_Assigned task_: From the records below, extract only the lines running from the line with "remove_keeps_example = remove_keeps" to the line with "not_nil = ground arith;", both lines included, reproducing them exactly.

_Input for this task_:
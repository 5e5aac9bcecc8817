-- ===== src/Dt/StackTests.antt =====
-- The theorems about the stack at concrete inputs.
use fun.Prelude.{ℕ, ◌≡◌, refl, true, false, some, [], ◌∷◌, arith, ◌==◌, if◌then◌else◌}
use fun.Prelude.Int.{pos, ◌+ℤ◌}
use fun.Dt.Stack.{is_ok, Memory, push, remove, iterate, iterator, len}
use fun.Dt.Stack.Holds.{IsStack, Contains}
use fun.Dt.Stack.Pop.{Popped, stack_pop-push, stack_iterator_lem}
use fun.Dt.Stack.Detach.{detach, detach_forgets}
use fun.Dt.Stack.Remove.{remove_keeps}

-- The stack 1 with the items 3 and 4 over the root 2.
abbrev couple : Memory ℕ
couple = record {
  items = λ p.
      if p == 2
      then record { next = 0; stack = 1; ok = false; value = 0 }
      else if p == 3
      then record { next = 4; stack = 1; ok = true; value = 5 }
      else record { next = 2; stack = 1; ok = true; value = 7 };
  stacks = λ s. record { head = 3; length = pos 2 };
  fresh = 5;
}

couple-IsStack : IsStack couple 1 2 (3 ∷ 4 ∷ [])
couple-IsStack = record {
  stack_not_nil = omega arith;
  root_not_nil = omega arith;
  root_bad = refl;
  root_old = omega arith;
  root_listed = refl;
  walk = ground arith;
  distinct = ground arith;
  member = λ p i. ground arith;
  counted = refl;
}

couple-Contains : Contains couple 1 (5 ∷ 7 ∷ [])
couple-Contains = record { bottom = 2; at = 3 ∷ 4 ∷ []; is_stack = couple-IsStack; are = refl }

stack_pop-push_example :
    (m : Memory ℕ) × (push 0 couple 1 9 ≡ some m)
    × Contains m 1 (9 ∷ 5 ∷ 7 ∷ [])
    × Popped 0 m 1 9 (5 ∷ 7 ∷ [])
stack_pop-push_example = stack_pop-push 0 couple 1 (5 ∷ 7 ∷ []) 9 couple-Contains

stack_run : iterator 0 3 couple 1 ≡ some (5 ∷ 7 ∷ [])
stack_run = stack_iterator_lem 0 couple 1 (5 ∷ 7 ∷ []) 3 couple-Contains (omega arith)

remove_keeps_example :
    ((remove 3 couple 4).0 ≡ true)
    × (len (remove 3 couple 4).1 1 +ℤ pos 1 ≡ pos 2)
    × (iterate 3 (remove 3 couple 4).1 ((remove 3 couple 4).1.stacks 1).head ≡ 5 ∷ 7 ∷ [])
remove_keeps_example = remove_keeps couple 1 2 4 (3 ∷ 4 ∷ []) 3 couple-IsStack refl (omega arith)

detach_forgets_example :
    (is_ok (detach 0 2 couple 4).1 ((detach 0 2 couple 4).1.stacks (detach 0 2 couple 4).0).head
      ≡ true)
    × (len (detach 0 2 couple 4).1 (detach 0 2 couple 4).0 ≡ pos 0)
detach_forgets_example =
    detach_forgets 0 couple 1 2 3 4 (4 ∷ []) 2 couple-IsStack refl (omega arith)
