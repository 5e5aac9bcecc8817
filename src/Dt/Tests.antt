-- ===== src/Dt/Tests.antt =====
-- The theorems about the list at concrete memories.
use fun.Prelude.{ℕ, ◌≡◌, refl, true, false, Bool, some, [], ◌∷◌, arith, ltb, ◌==◌, if◌then◌else◌}
use fun.Links.{has}
use fun.Dt.List.{
  Element, Memory, nil, push_front, push_back, pop_front, pop_back, iterator_front, is_sorted,
  remove,
}
use fun.Dt.List.IsList.{values, Member, IsList}
use fun.Dt.List.Setup.{holds, unused}
use fun.Dt.List.Ends.{pushes_lem, pops_lem}
use fun.Dt.List.Push.{Contains}
use fun.Dt.List.Remove.{Popped, remove_lem, removed}
use fun.Dt.List.Iterate.{iterator_front_lem, is_sorted_lem, is_sorted_ignores_last}

abbrev elem : ℕ → ℕ → ℕ → Bool → Element ℕ
elem n p v good = record { next = n; prev = p; list = 1; ok = good; item = v }

-- The list 1 with the values 5 and `v`, at 4 and 5, round its root at 2, with its length at 3.
abbrev pair : ℕ → Memory ℕ
pair v = record {
  elements =
      λ p. if p == 4 then elem 5 2 5 true else if p == 5 then elem 2 4 v true else elem 4 5 0 false;
  lists = λ l. record { head = 2; meta = 3 };
  lengths = λ k. 2;
  fresh = 6;
}

pair-Member : (v p : ℕ) → has p (4 ∷ 5 ∷ []) ≡ true → Member (pair v) 1 p
pair-Member v p i = record {
  not_nil = ground arith;
  listed = ground arith;
  good = ground arith;
  old = ground arith;
}

pair-IsList : (v : ℕ) → IsList (pair v) 1 2 3 (4 ∷ 5 ∷ [])
pair-IsList v = record {
  list_not_nil = omega arith;
  root_not_nil = omega arith;
  meta_not_nil = omega arith;
  head_is = refl;
  meta_is = refl;
  counted = refl;
  chain = (refl, refl, (refl, refl, (refl, refl)));
  distinct = (refl, (refl, tt));
  root_apart = refl;
  root_listed = refl;
  root_bad = refl;
  root_old = omega arith;
  member = pair-Member v;
}

abbrev pair-Contains : (v : ℕ) → Contains (pair v) 1 (5 ∷ v ∷ [])
pair-Contains v = record {
  root = 2;
  meta = 3;
  at = 4 ∷ 5 ∷ [];
  is_list = pair-IsList v;
  are = refl;
}

pushes_lem_example :
    ((m : Memory ℕ) × (push_front 0 (pair 7) 1 9 ≡ some m) × Contains m 1 (9 ∷ 5 ∷ 7 ∷ []))
    × ((m : Memory ℕ) × (push_back 0 (pair 7) 1 9 ≡ some m) × Contains m 1 (5 ∷ 7 ∷ 9 ∷ []))
pushes_lem_example = pushes_lem 0 (pair 7) 1 (5 ∷ 7 ∷ []) 9 (holds (pair-Contains 7))

-- The list at 3 of this memory has no root.
abbrev no_roots : Memory ℕ
no_roots = record {
  elements = λ p. elem 0 0 0 false;
  lists = λ l. record { head = nil; meta = nil };
  lengths = λ k. 0;
  fresh = 4;
}

pushes_run :
    ((m : Memory ℕ) × (push_front 0 no_roots 3 9 ≡ some m) × Contains m 3 (9 ∷ []))
    × ((m : Memory ℕ) × (push_back 0 no_roots 3 9 ≡ some m) × Contains m 3 (9 ∷ []))
pushes_run =
    pushes_lem 0 no_roots 3 [] 9
      (unused (record { not_nil = omega arith; no_root = refl; room = omega arith }) refl)

pops_lem_example :
    Popped (pair 7) 1 5 (7 ∷ []) (pop_front 0 (pair 7) 1)
    × Popped (pair 7) 1 7 (5 ∷ []) (pop_back 0 (pair 7) 1)
pops_lem_example = pops_lem 0 (pair 7) 1 5 7 (7 ∷ []) (5 ∷ []) (pair-Contains 7) refl

remove_lem_example :
    (remove (pair 7) 5 ≡ some (true, removed (pair 7) 3 5))
    × IsList (removed (pair 7) 3 5) 1 2 3 (4 ∷ [])
    × (values (removed (pair 7) 3 5) (4 ∷ []) ≡ 5 ∷ [])
    × (((removed (pair 7) 3 5).elements 5).list ≡ nil)
remove_lem_example = remove_lem (pair 7) 1 2 3 5 (4 ∷ 5 ∷ []) (pair-IsList 7) refl

iterator_run : iterator_front 0 3 (pair 7) 1 ≡ some (5 ∷ 7 ∷ [])
iterator_run = iterator_front_lem 0 (pair 7) 1 (5 ∷ 7 ∷ []) 3 (pair-Contains 7) (omega arith)

sorted_run : is_sorted 0 ltb (pair 7) 1 ≡ some true
sorted_run = is_sorted_lem 0 ltb (pair 7) 1 (5 ∷ 7 ∷ []) (pair-Contains 7)

-- 5, 1 is as sorted as 5, 7.
is_sorted_ignores_last_example : is_sorted 0 ltb (pair 7) 1 ≡ is_sorted 0 ltb (pair 1) 1
is_sorted_ignores_last_example =
    is_sorted_ignores_last 0 ltb (pair 7) (pair 1) 1 1 (5 ∷ []) 7 1 (pair-Contains 7)
      (pair-Contains 1) refl
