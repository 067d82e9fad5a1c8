-- ===== src/Payments/Tests.antt =====
-- The payment theorems at a channel with two vouchers in one lane.
pub mod Check
pub mod Queue
pub mod Disk
pub mod Store
pub mod Life
pub mod Manager
use pop.Common.{ℕ, ◌≡◌, refl, Bool, true, false, List, [], ◌∷◌, none, some, ◌==◌, ◌&&◌, arith, map}
use pop.Common.Int.{ℤ, pos}
use pop.Common.Result.{ok, err}
use pop.Payments.Voucher.{SignedVoucher}
use pop.Payments.Info.{
  VoucherInfo, ChannelInfo, Direction, mark_voucher_submitted, was_voucher_submitted,
  info_for_voucher, find_voucher, submit_first, submit_lower,
}
use pop.Payments.Info.Submit.{SupersededSubmitted, mark_voucher_submitted-marks}

abbrev pub voucher : ℕ → ℕ → SignedVoucher
voucher nonce amount = record {
  channel_addr = 31;
  lane = 0;
  nonce = nonce;
  amount = pos amount;
  merges = [];
  signature = [];
}

abbrev pub equals : SignedVoucher → SignedVoucher → Bool
equals a b = a.lane == b.lane && a.nonce == b.nonce

abbrev pub held : Bool → SignedVoucher → VoucherInfo
held submitted v = record { voucher = v; proof = []; submitted = submitted }

abbrev pub channel : ChannelInfo
channel = record {
  channel_id = 1;
  channel = some 31;
  control = 21;
  target = 22;
  direction = Direction.outbound;
  vouchers = held false (voucher 1 100) ∷ held false (voucher 2 210) ∷ [];
  next_lane = 1;
  amount = pos 1000;
  pending_amount = pos 0;
  create_msg = none;
  add_funds_msg = none;
  settling = false;
  settling_at = pos 0;
}

abbrev pub marked : ChannelInfo
marked = record channel { vouchers = held true (voucher 1 100) ∷ held true (voucher 2 210) ∷ [] }
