-- ===== src/Payments/Tests/Check.antt =====
-- The theorems on lanes and on adding vouchers, at a channel of 1000 whose lane 0 has redeemed 210.
use pop.Common.{ℕ, ◌<◌, ◌≡◌, refl, ◌⊎◌, false, List, [], ◌∷◌, some, arith}
use pop.Common.Int.{ℤ, pos, ◌+ℤ◌, ◌-ℤ◌}
use pop.Common.Assoc.{find, put}
use pop.Common.Result.{ok}
use pop.Payments.Voucher.{VoucherCreateResult}
use pop.Payments.Info.{ChannelInfo, Found}
use pop.Payments.Lanes.{
  LaneState, from_voucher, load_lanes, is_ignored, apply_voucher, apply_vouchers, lane_state,
  sum_redeemed, total_redeemed_with_voucher, max_nonce, next_nonce_for_lane,
}
use pop.Payments.Lanes.Total.{redeemed_in, total_redeemed-put}
use pop.Payments.Check.{
  Services, ActorState, accepted, check_lane, check_balance, vouchers_for_lanes, read_lanes,
  check_voucher_valid, is_added, delta_of, with_voucher, add_to, add_voucher, created,
  create_voucher,
}
use pop.Payments.Check.Solvency.{Solvent, add_voucher-Solvent}
use pop.Payments.Check.Create.{Made, Short, create_voucher-cases}
use pop.Payments.Tests.{voucher, equals, held, channel}

abbrev chain : List (ℕ × LaneState)
chain = (0, record { redeemed = pos 50; nonce = 1 }) ∷ []

abbrev actor : ActorState
actor = record { from = ok 5; lanes = ok chain }

abbrev services : Services
services = record {
  state_get_actor = λ _. ok (pos 1000);
  load_actor_state = λ _. ok actor;
  state_account_key = λ _. ok 6;
  signing_bytes = λ _. ok [];
  verify = λ _ _ _. ok tt;
  sign = λ _ _. ok [];
  equals = equals;
  by_address = λ _. Found.tracked channel;
  put_channel_info = λ _. ok tt;
}

abbrev extended : ChannelInfo
extended = record channel {
  vouchers =
      held false (voucher 1 100) ∷ held false (voucher 2 210) ∷ held false (voucher 3 300) ∷ [];
}

adds : add_voucher services 31 (voucher 3 300) (pos 10) ≡ accepted (pos 90, some extended)
unfolding add_voucher add_to is_added check_voucher_valid read_lanes vouchers_for_lanes lane_state
    load_lanes apply_vouchers apply_voucher is_ignored check_lane total_redeemed_with_voucher
    sum_redeemed check_balance delta_of with_voucher find put ◌+ℤ◌ ◌-ℤ◌
adds = refl

add_voucher-Solvent_example :
    (balance : ℤ) × (state : ActorState) × (on_chain : List (ℕ × LaneState))
    × (services.state_get_actor 31 ≡ ok balance)
    × (services.load_actor_state 31 ≡ ok state)
    × (state.lanes ≡ ok on_chain)
    × Solvent on_chain channel extended (voucher 3 300) (pos 10) (pos 90) balance
add_voucher-Solvent_example =
    add_voucher-Solvent services 31 (voucher 3 300) channel extended (pos 10) (pos 90) refl adds

abbrev result : VoucherCreateResult
result = record { voucher = some (voucher 3 300); shortfall = pos 0 }

creates : create_voucher services 31 (voucher 0 300) ≡ accepted (result, some extended)
unfolding create_voucher created add_voucher add_to is_added check_voucher_valid read_lanes
    vouchers_for_lanes lane_state load_lanes apply_vouchers apply_voucher is_ignored check_lane
    total_redeemed_with_voucher sum_redeemed check_balance delta_of with_voucher next_nonce_for_lane
    max_nonce find put ◌+ℤ◌ ◌-ℤ◌
creates = refl

create_voucher-cases_example :
    Made services 31 channel (voucher 0 300) result (some extended) ⊎ Short result (some extended)
create_voucher-cases_example =
    create_voucher-cases services 31 channel (voucher 0 300) result (some extended) refl creates

above_lane : (ls : LaneState) → find 0 chain ≡ some ls → ls.nonce < 3
unfolding find
above_lane ls h = ground arith

total_redeemed-put_example :
    total_redeemed_with_voucher chain (voucher 3 300)
    ≡ ok (redeemed_in (put 0 (from_voucher (voucher 3 300)) chain))
total_redeemed-put_example = total_redeemed-put chain (voucher 3 300) refl above_lane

_Exercise result_:
remove_keeps_example = remove_keeps couple 1 2 4 (3 ∷ 4 ∷ []) 3 couple-IsStack refl (omega arith)

detach_forgets_example :
    (is_ok (detach 0 2 couple 4).1 ((detach 0 2 couple 4).1.stacks (detach 0 2 couple 4).0).head
      ≡ true)
    × (len (detach 0 2 couple 4).1 (detach 0 2 couple 4).0 ≡ pos 0)
detach_forgets_example =
    detach_forgets 0 couple 1 2 3 4 (4 ∷ []) 2 couple-IsStack refl (omega arith)
repository 5e5aac9bcecc8817
filename src/Dt/Tests.antt
-- ===== src/Dt/Tests.antt =====
-- The theorems about the list at concrete memories.
use fun.Prelude.{ℕ, ◌≡◌, refl, true, false, Bool, some, [], ◌∷◌, arith, ltb, ◌==◌, if◌then◌else◌}
use fun.Links.{has}
use fun.Dt.List.{
  Element, Memory, nil, push_front, push_back, pop_front, pop_back, iterator_front, is_sorted,
  remove,
}
use fun.Dt.List.IsList.{values, Member, IsList}
use fun.Dt.List.Setup.{holds, unused}
use fun.Dt.List.Ends.{pushes_lem, pops_lem}
use fun.Dt.List.Push.{Contains}
use fun.Dt.List.Remove.{Popped, remove_lem, removed}
use fun.Dt.List.Iterate.{iterator_front_lem, is_sorted_lem, is_sorted_ignores_last}

abbrev elem : ℕ → ℕ → ℕ → Bool → Element ℕ
elem n p v good = record { next = n; prev = p; list = 1; ok = good; item = v }

-- The list 1 with the values 5 and `v`, at 4 and 5, round its root at 2, with its length at 3.
abbrev pair : ℕ → Memory ℕ
pair v = record {
  elements =
      λ p. if p == 4 then elem 5 2 5 true else if p == 5 then elem 2 4 v true else elem 4 5 0 false;
  lists = λ l. record { head = 2; meta = 3 };
  lengths = λ k. 2;
  fresh = 6;
}

pair-Member : (v p : ℕ) → has p (4 ∷ 5 ∷ []) ≡ true → Member (pair v) 1 p
pair-Member v p i = record {
  not_nil = ground arith;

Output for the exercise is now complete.